Stored data entries
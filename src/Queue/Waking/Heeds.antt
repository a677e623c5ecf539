-- ===== src/Queue/Waking/Heeds.antt =====
-- wakeIfSooner and insert of internal/queue/queue.go: what a step that gives a queue new deadlines
-- does to the channel `wake`, and how the deadlines of a queue change under its steps.
use mathlib.Core.Path.{subst}
use stitch.Prelude.{
  ℕ, ◌+◌, ◌≤◌, ◌≡◌, refl, ap, ◌∙◌, Bool, true, false, not, ◌&&◌, ◌||◌, ◌⊎◌, List, [], ◌∷◌, ltb, leb,
  ◌==◌, arith, Bool-cases, inl, inr, if◌then◌else◌,
}
use stitch.Prelude.Map
use stitch.Prelude.Tally.{bit, tally}
use stitch.Queue.Message.{Message}
use stitch.Queue.Order.{LeaseEntry, delayed_push}
use stitch.Queue.Live.{Queue, is_lifo, wake_if_sooner, put}
use stitch.Queue.Invariant.{IsOrdered}
use stitch.Queue.Invariant.Waiting.{tally-delayed_push}

-- How many deadlines of a queue pass a test.
abbrev pub due_times : (ℕ → Bool) → Queue → ℕ
due_times p q =
    tally (λ (m : Message). p m.visible_at) q.delayed
    + tally (λ (e : LeaseEntry). p e.expires_at) q.leases

-- A timer set for `d`, where 0 stands for no timer, has not fired at `t`.
abbrev pub missed : ℕ → ℕ → Bool
missed d t = (d == 0) || ltb t d

-- From `q` to `q'` at most the deadlines `ts` are new, and a token lies in `wake` unless a timer set
-- for `armed` fires by each of them.
pub record Heeds (ts : List ℕ) (q q' : Queue) : Type 0 where
  pub armed : q'.armed ≡ q.armed
  pub kept : q.wake ≡ true → q'.wake ≡ true
  pub dues : (p : ℕ → Bool) → due_times p q' ≤ due_times p q + tally p ts
  pub nudged : (q'.wake ≡ true) ⊎ (tally (missed q.armed) ts ≡ 0)

pub Heeds-same :
    (q q' : Queue)
    → q'.armed ≡ q.armed
    → q'.wake ≡ q.wake
    → q'.delayed ≡ q.delayed
    → q'.leases ≡ q.leases
    → Heeds [] q q'
Heeds-same q q' a w d l = record {
  armed = a;
  kept = λ h. w ∙ h;
  dues = λ p. omega (
    arith,
    ap (tally (λ (m : Message). p m.visible_at)) d,
    ap (tally (λ (e : LeaseEntry). p e.expires_at)) l,
  );
  nudged = inr refl;
}

-- A step without new deadlines before one with some, and after.
pub Heeds-before : {ts : List ℕ} (q q1 q2 : Queue) → Heeds [] q q1 → Heeds ts q1 q2 → Heeds ts q q2
Heeds-before {ts} q q1 q2 h k = record {
  armed = k.armed ∙ h.armed;
  kept = λ w. k.kept (h.kept w);
  dues = λ p. omega (arith, h.dues p, k.dues p);
  nudged = subst (λ a. (q2.wake ≡ true) ⊎ (tally (missed a) ts ≡ 0)) h.armed k.nudged;
}

pub Heeds-after : {ts : List ℕ} (q q1 q2 : Queue) → Heeds ts q q1 → Heeds [] q1 q2 → Heeds ts q q2
Heeds-after {ts} q q1 q2 h k = record {
  armed = k.armed ∙ h.armed;
  kept = λ w. k.kept (h.kept w);
  dues = λ p. omega (arith, h.dues p, k.dues p);
  nudged = elim h.nudged [ inl w ↦ inl (k.kept w) | inr on_time ↦ inr on_time ];
}

on_time : (d t : ℕ) → not (d == 0) && leb d t ≡ true → missed d t ≡ false
on_time d t h = ground (arith, h)

-- Deadlines that were added are heeded once wakeIfSooner is called with the first of them.
pub wake_if_sooner-Heeds :
    (t : ℕ) (ts : List ℕ) (q q1 : Queue)
    → q1.armed ≡ q.armed
    → q1.wake ≡ q.wake
    → ((p : ℕ → Bool) → due_times p q1 ≤ due_times p q + tally p ts)
    → ((a : ℕ) → missed a t ≡ false → tally (missed a) ts ≡ 0)
    → Heeds ts q (wake_if_sooner t q1)
unfolding wake_if_sooner
wake_if_sooner-Heeds t ts q q1 a w more after =
    elim (Bool-cases (not (q1.armed == 0) && leb q1.armed t)) [
      | inl sooner ↦ rw sooner (record {
        armed = a;
        kept = λ h. w ∙ h;
        dues = more;
        nudged =
            inr
              (subst (λ x. tally (missed x) ts ≡ 0) a (after q1.armed (on_time q1.armed t sooner)));
      })
      | inr later ↦
          rw later (record { armed = a; kept = λ h. refl; dues = more; nudged = inl refl })
    ]

-- The deadline that insert adds.
abbrev pub put_times : ℕ → Message → List ℕ
put_times now m = if ltb now m.visible_at then m.visible_at ∷ [] else []

pub put-Heeds :
    (m : Message) (now : ℕ) (q : Queue) → IsOrdered q → Heeds (put_times now m) q (put m now q)
unfolding put
put-Heeds m now q o = elim (Bool-cases (ltb now m.visible_at)) [
  | inr due ↦ rw due (Heeds-same q _ refl refl refl refl)
  | inl later ↦ rw later (
      wake_if_sooner-Heeds m.visible_at (m.visible_at ∷ []) q
        (record q {
          msgs = Map.insert m.id m q.msgs;
          delayed = delayed_push (is_lifo q) q.delayed m;
        })
        refl refl
        (λ p.
          omega (arith, tally-delayed_push (is_lifo q) q.delayed m (λ x. p x.visible_at) o.delayed))
        (λ a on. ap (λ b. bit b + 0) on))
]

-- Those who put a message in, or one back, give it a later time or none.
pub put_times-later : (now : ℕ) (m : Message) → tally (λ t. t == 0) (put_times now m) ≡ 0
put_times-later now m = elim (Bool-cases (ltb now m.visible_at)) [
  | inr due ↦ rw due refl
  | inl later ↦ rw later (ground (arith, later))
]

Task item
What belongs in the answer is each line of the data that has the word "kept".

Your response
  pub kept : q.wake ≡ true → q'.wake ≡ true
  kept = λ h. w ∙ h;
  kept = λ w. k.kept (h.kept w);
  kept = λ w. k.kept (h.kept w);
  nudged = elim h.nudged [ inl w ↦ inl (k.kept w) | inr on_time ↦ inr on_time ];
        kept = λ h. w ∙ h;
          rw later (record { armed = a; kept = λ h. refl; dues = more; nudged = inl refl })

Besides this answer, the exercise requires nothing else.